We demonstrated that the benefits of invasive-procedure hospitals on nonfatal outcomes were largely explained by teaching status. In our statistical models, teaching status likely served as a proxy for an uncertain number of unmeasured process characteristics. One distinguishing process difference between teaching hospitals and invasive-procedure institutions was in their respective downstream processes of care after discharge from the index AMI admission. Patients admitted to teaching hospitals were more likely to be followed up by cardiac specialists after discharge from hospital, independent of whether hospitals had on-site revascularization facilities. Indeed, our subgroup analysis determined that the use of evidence-based therapies predicted lower rates of recurrent cardiac admissions and emergency department visits and accounted, albeit marginally, for some of the protective effects of teaching status on nonfatal outcomes. It is plausible that follow-up care is an important determinant of nonfatal outcomes after AMI. Although a relationship between outpatient care and morbidity outcomes after AMI is speculative, such a relationship has been demonstrated to exist in other disease-specific cohorts (eg, congestive heart failure).^27- 28 Moreover, at least one other study has noted an interaction among coronary intervention rates, on-site procedural capacity, and teaching status after AMI.²⁹ Most studies comparing hospitals with on-site revascularization facilities with those without have not adjusted for differences in teaching status or downstream processes of care.^2- 4,14

One noteworthy study limitation involves the lack of clinical detail specifically related to the initial infarct characteristics, postinfarct left ventricle function, and in-hospital pharmacological therapies. Although we adjusted for a number of clinical, institutional, and physician-related characteristics, we acknowledge that additional clinical and process measures, both during the index admission and following discharge, may have altered our results or may have helped explain why teaching status accounted for the morbidity advantages of invasive-procedure hospitals. The time-dependent covariate analysis incorporated conventional rather than hierarchical techniques. Accordingly, we caution against overinterpreting the results of our subgroup analysis. Nonetheless, the inability of procedures themselves to have accounted for hospital-related outcome differences was a finding independent of the type and number of variables entered into our statistical models. Furthermore, since hospital-associated outcomes varied according to a limited set of covariates, it seems unlikely that additional covariates would have changed our overall conclusions. Finally, our data were comprehensive, consecutive, and comprised patients with AMI that are highly representative of the Canadian population.
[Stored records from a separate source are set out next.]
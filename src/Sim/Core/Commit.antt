-- ===== src/Sim/Core/Commit.antt =====
-- The second phase of a cycle with the tests of `tick` moved into the fields that they decide.
use cpu_sim.Base.{Bool, true, false, ◌&&◌, ◌||◌, ◌≡◌, refl, ap, ◌∙◌, if◌then◌else◌}
use mathlib.Core.Option
use cpu_sim.Base.{◌∷◌, Bool-cases, inl, inr}
use cpu_sim.Memory.Interface.{IMemory}
use cpu_sim.Pipeline.Regs.{IdEx}
use cpu_sim.Sim.Stats.{increment}
use cpu_sim.Sim.Core.{
  Core, HaltReason, is_ebreak, is_illegal, record_trace, detect_halt, count_instruction,
}
use cpu_sim.Sim.Core.{capture_ex_operands, latch_stalled, latch_all, count_cycle, commit, captured}

module _ {I D : IMemory} where
  -- Whether the instruction in WB ends the program.
  unfoldable pub stops : Core I D → Bool
  stops c = c.mem_wb.reg.valid && (is_ebreak c.mem_wb.reg.op || is_illegal c.mem_wb.reg.op)

  unfoldable pub observed : Core I D → Core I D
  observed c = record c {
    tracer = Option.map (λ t. (c.mem_wb.reg, c.stats.cycles) ∷ t) c.tracer;
    halted = if stops c then true else c.halted;
    halt_reason =
        if stops c
        then (if is_ebreak c.mem_wb.reg.op then HaltReason.ebreak else HaltReason.illegal)
        else c.halt_reason;
    halt_pc = if stops c then c.mem_wb.reg.pc else c.halt_pc;
    halt_raw = if stops c then c.mem_wb.reg.raw else c.halt_raw;
    stats = record (c.stats) {
      instructions =
          if c.mem_wb.reg.valid then increment c.stats.instructions else c.stats.instructions;
    };
  }

  detected :
      (c : Core I D) (b e : Bool)
      → (if b
          then record c {
            halted = true;
            halt_reason = if e then HaltReason.ebreak else HaltReason.illegal;
            halt_pc = c.mem_wb.reg.pc;
            halt_raw = c.mem_wb.reg.raw;
          }
          else c)
        ≡ record c {
          halted = if b then true else c.halted;
          halt_reason =
              if b then (if e then HaltReason.ebreak else HaltReason.illegal) else c.halt_reason;
          halt_pc = if b then c.mem_wb.reg.pc else c.halt_pc;
          halt_raw = if b then c.mem_wb.reg.raw else c.halt_raw;
        }
  detected c true e = refl
  detected c false e = refl

  counted :
      (c : Core I D) (b : Bool)
      → (if b
          then record c {
            stats = record (c.stats) { instructions = increment c.stats.instructions };
          }
          else c)
        ≡ record c {
          stats = record (c.stats) {
            instructions = if b then increment c.stats.instructions else c.stats.instructions;
          };
        }
  counted c true = refl
  counted c false = refl

  observe :
      (c : Core I D) → count_instruction I D (detect_halt I D (record_trace I D c)) ≡ observed c
  unfolding count_instruction detect_halt record_trace observed stops
  observe c =
      ap (count_instruction I D)
        (detected (record_trace I D c) (stops c) (is_ebreak c.mem_wb.reg.op))
      ∙ counted _ c.mem_wb.reg.valid

  -- The operands of a valid instruction in EX are captured.
  unfoldable pub capture : Core I D → Core I D
  capture c = record c {
    id_ex = record {
      reg =
          if c.id_ex.reg.valid
          then captured I D c.fwd c.ex_mem.reg c.mem_wb.reg c.id_ex.reg
          else c.id_ex.reg;
      shadow =
          if c.id_ex.reg.valid
          then captured I D c.fwd c.ex_mem.reg c.mem_wb.reg c.id_ex.reg
          else c.id_ex.shadow;
    };
  }

  capture_if :
      (c : Core I D) (b : Bool) (id : IdEx)
      → (if b then record c { id_ex = record { reg = id; shadow = id } } else c) ≡ record c {
        id_ex = record {
          reg = if b then id else c.id_ex.reg;
          shadow = if b then id else c.id_ex.shadow;
        };
      }
  capture_if c true id = refl
  capture_if c false id = refl

  capture_lem : (c : Core I D) → capture_ex_operands I D c ≡ capture c
  unfolding capture_ex_operands capture
  capture_lem c = capture_if c c.id_ex.reg.valid _

  -- The latches of a cycle, chosen by whether MEM waits.
  abbrev finish : Bool → Core I D → Core I D
  finish waits c =
      count_cycle I D
        (if waits then latch_stalled I D (capture_ex_operands I D c) else latch_all I D c)

  commit_lem : (c : Core I D) → commit I D c ≡ finish c.mem.stalling (observed c)
  unfolding commit
  commit_lem c = ap (finish c.mem.stalling) (observe c)

  pub commit-stalled :
      (c : Core I D)
      → c.mem.stalling ≡ true
      → commit I D c ≡ count_cycle I D (latch_stalled I D (capture (observed c)))
  commit-stalled c s =
      commit_lem c
      ∙ ap (λ b. finish b (observed c)) s
      ∙ ap (λ d. count_cycle I D (latch_stalled I D d)) (capture_lem (observed c))

  pub commit-advances :
      (c : Core I D)
      → c.mem.stalling ≡ false
      → commit I D c ≡ count_cycle I D (latch_all I D (observed c))
  commit-advances c s = commit_lem c ∙ ap (λ b. finish b (observed c)) s

  -- What MEM said of its wait is still there after the cycle.
  pub commit-mem : (c : Core I D) → (commit I D c).mem ≡ c.mem
  unfolding observed capture latch_stalled latch_all count_cycle
  commit-mem c = elim (Bool-cases c.mem.stalling) [
    | inl s ↦ ap (λ d. d.mem) (commit-stalled c s)
    | inr s ↦ ap (λ d. d.mem) (commit-advances c s)
  ]
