-- ===== src/Refine/Latched.antt =====
-- The part of a core that is read at the start of a cycle, and what a cycle makes of it.
use cpu_sim.Base.{ℕ, Bool, false, ◌&&◌, ◌||◌, ◌≡◌, arith, Option, if◌then◌else◌, is_some}
use cpu_sim.Memory.Interface.{IMemory}
use cpu_sim.RegFile.{RegFile}
use cpu_sim.Predictor.{BranchPredictor}
use cpu_sim.Pipeline.Regs.{IfId, IdEx, ExMem, MemWb, if_id_bubble, id_ex_bubble, mem_wb_bubble}
use cpu_sim.Pipeline.Fetch
use cpu_sim.Pipeline.Fetch.{FetchStage}
use cpu_sim.Pipeline.Fetch.Laws
use cpu_sim.Pipeline.Decode
use cpu_sim.Pipeline.Forward
use cpu_sim.Pipeline.Execute
use cpu_sim.Pipeline.Execute.{executed, signals, train_predictor}
use cpu_sim.Pipeline.MemAccess
use cpu_sim.Pipeline.Writeback
use cpu_sim.Pipeline.Hazard
use cpu_sim.Sim.Core.{Core, latch_stalled, latch_all, count_cycle, captured}
use cpu_sim.Sim.Core.Phases.{evaluated}
use cpu_sim.Sim.Core.Commit.{observed, capture}

module _ (I D : IMemory) where
  pub record Latched : Type 0 where
    pub imem : I.State
    pub dmem : D.State
    pub rf : RegFile
    pub bpred : Option BranchPredictor
    pub wb : MemWb
    pub prev : MemWb
    pub mem : ExMem
    pub ex : IdEx
    pub front : IfId
    pub pc : ℕ

  abbrev pub latched : Core I D → Latched
  latched c = record {
    imem = c.imem;
    dmem = c.dmem;
    rf = c.rf;
    bpred = c.bpred;
    wb = c.mem_wb.reg;
    prev = c.fwd.prev_mem_wb;
    mem = c.ex_mem.reg;
    ex = c.id_ex.reg;
    front = c.if_id.reg;
    pc = c.fetch.pc;
  }

  -- No stage has been told anything before the cycle.
  pub record IsQuiet (c : Core I D) : Type 0 where
    pub no_redirect : c.fetch.redirect ≡ false
    pub no_stall : c.fetch.stall ≡ false
    pub no_flush : c.decode.flush ≡ false
    pub no_hold : c.decode.stall ≡ false

  -- An operand of the instruction in EX.
  unfoldable pub operand : Latched → ℕ → ℕ → ℕ
  unfolding Forward.resolve
  operand l reg cur =
      Forward.resolve (record { prev_mem_wb = l.prev; prev_mem_wb_next = l.prev }) l.mem l.wb reg
        cur

  abbrev pub first : Latched → ℕ
  first l = operand l l.ex.rs1 l.ex.rs1_val

  abbrev pub second : Latched → ℕ
  second l = operand l l.ex.rs2 l.ex.rs2_val

  -- The register file with the result in WB written.
  unfoldable pub committed : Latched → RegFile
  unfolding Writeback.evaluate Writeback.latch_stage
  committed l =
      (Writeback.latch_stage (Writeback.evaluate (record { reg = l.wb; shadow = l.wb })) l.rf).1

  -- The stages behind WB, after a cycle in which MEM waits.
  unfoldable pub stalled : Latched → I.State → D.State → Latched
  unfolding operand committed
  stalled l imem dmem = record l {
    imem = imem;
    dmem = D.tick dmem;
    rf = committed l;
    wb = mem_wb_bubble;
    prev = l.wb;
    ex = record (l.ex) {
      rs1_val = if l.ex.valid then first l else l.ex.rs1_val;
      rs2_val = if l.ex.valid then second l else l.ex.rs2_val;
    };
  }

  pub latched-stalled :
      (c : Core I D) (f : Fetch.Fetched I) (m : MemAccess.Accessed D)
      → f.out.reg ≡ c.if_id.reg
      → f.stage.pc ≡ c.fetch.pc
      → m.out.reg ≡ c.mem_wb.reg
      → m.out.shadow ≡ mem_wb_bubble
      → latched (count_cycle I D (latch_stalled I D (capture (observed (evaluated I D c f m)))))
        ≡ stalled (latched c) f.imem m.dmem
  unfolding stalled operand committed count_cycle latch_stalled capture observed captured
      MemAccess.latch_stage Decode.evaluate Forward.evaluate Execute.evaluate Forward.latch_stage
      Writeback.evaluate Writeback.latch_stage Forward.resolve
  latched-stalled c f m a b d e = ground (arith, a, b, d, e)

  -- Whether EX finds that fetch went the wrong way, and where it should have gone.
  unfoldable pub redirects : Latched → Bool
  unfolding operand Execute.actual_taken
  redirects l =
      l.ex.valid
      && Execute.differs (Execute.actual_taken l.ex (first l) (second l)) l.ex.predicted_taken

  -- Whether the instruction in DECODE waits for the load in EX.
  unfoldable pub waits : Latched → Bool
  unfolding Hazard.evaluate
  waits l =
      (Hazard.evaluate (record { reg = l.front; shadow = l.front })
        (record { reg = l.ex; shadow = l.ex })).stall

  unfoldable pub trained : Latched → Option BranchPredictor
  unfolding signals operand train_predictor
  trained l =
      train_predictor (signals (is_some l.bpred) l.ex (first l) (second l) Execute.create) l.bpred

  -- Every stage, after a cycle in which MEM does not wait. `fetched` and `next` are what FETCH puts
  -- into its shadow and where it goes on.
  unfoldable pub advanced : Latched → I.State → D.State → MemWb → IfId → ℕ → Latched
  unfolding operand committed redirects waits trained executed Decode.decoded Execute.next_pc
  advanced l imem dmem wb fetched next = record {
    imem = I.tick imem;
    dmem = D.tick dmem;
    rf = committed l;
    bpred = trained l;
    wb = wb;
    prev = l.wb;
    mem = executed l.ex (first l) (second l);
    ex = if redirects l || waits l then id_ex_bubble else Decode.decoded l.rf l.front;
    front = if redirects l then if_id_bubble else if waits l then l.front else fetched;
    pc =
        if redirects l
        then Execute.next_pc l.ex (first l) (second l)
        else if waits l
        then l.pc
        else next;
  }

  abbrev pub next_fetch : FetchStage → ℕ
  next_fetch f = if f.fetch_stall then f.pc else f.next_pc

  pub latched-advanced :
      (c : Core I D) (f : Fetch.Fetched I) (m : MemAccess.Accessed D)
      → IsQuiet c
      → Laws.IsHeld c.if_id c.fetch f
      → m.out.reg ≡ c.mem_wb.reg
      → latched (count_cycle I D (latch_all I D (observed (evaluated I D c f m))))
        ≡ advanced (latched c) f.imem m.dmem m.out.shadow f.out.shadow (next_fetch f.stage)
  unfolding advanced operand committed redirects waits trained signals train_predictor count_cycle
      latch_all observed MemAccess.latch_stage Decode.evaluate Forward.evaluate Execute.evaluate
      Forward.latch_stage Writeback.evaluate Writeback.latch_stage Forward.resolve
      Execute.latch_stage Hazard.evaluate Hazard.latch_stage Decode.latch_stage Fetch.latch_stage
      Fetch.set_stall Fetch.set_redirect Decode.set_flush
  latched-advanced c f m q h d = ground (arith, q, h, d)

  pub stalled-IsQuiet :
      (c : Core I D) (f : Fetch.Fetched I) (m : MemAccess.Accessed D)
      → IsQuiet c
      → Laws.IsHeld c.if_id c.fetch f
      → IsQuiet (count_cycle I D (latch_stalled I D (capture (observed (evaluated I D c f m)))))
  unfolding count_cycle latch_stalled capture observed
  stalled-IsQuiet c f m q h = ground (arith, q, h)

  pub advanced-IsQuiet :
      (c : Core I D) (f : Fetch.Fetched I) (m : MemAccess.Accessed D)
      → IsQuiet c
      → Laws.IsHeld c.if_id c.fetch f
      → IsQuiet (count_cycle I D (latch_all I D (observed (evaluated I D c f m))))
  unfolding count_cycle latch_all observed Execute.latch_stage Hazard.latch_stage Decode.latch_stage
      Fetch.latch_stage Fetch.set_stall Fetch.set_redirect Decode.set_flush
  advanced-IsQuiet c f m q h = ground (arith, q, h)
In conclusion, our findings demonstrate that patients with AMI admitted to hospitals with on-site procedural capacity in Ontario had similar rates of mortality but lower rates of recurrent cardiac hospitalization and emergency care compared with hospitals without such capacity. Despite vastly different cardiac intervention rates, similarities and differences in outcomes could not be explained by variations in procedure rates themselves. We believe that these results may be applicable to many other interjurisdictional or interinstitutional comparisons. We suggest that misleading conclusions drawn from such studies be taken as examples of the Mark Twain fallacy, which occurs when outcomes are compared across practice sites or regions, with a narrow focus on a single ecological variable that apparently distinguishes the 2 settings without fully accounting for myriad patient and process-of-care variables that may actually explain any observed outcome differences.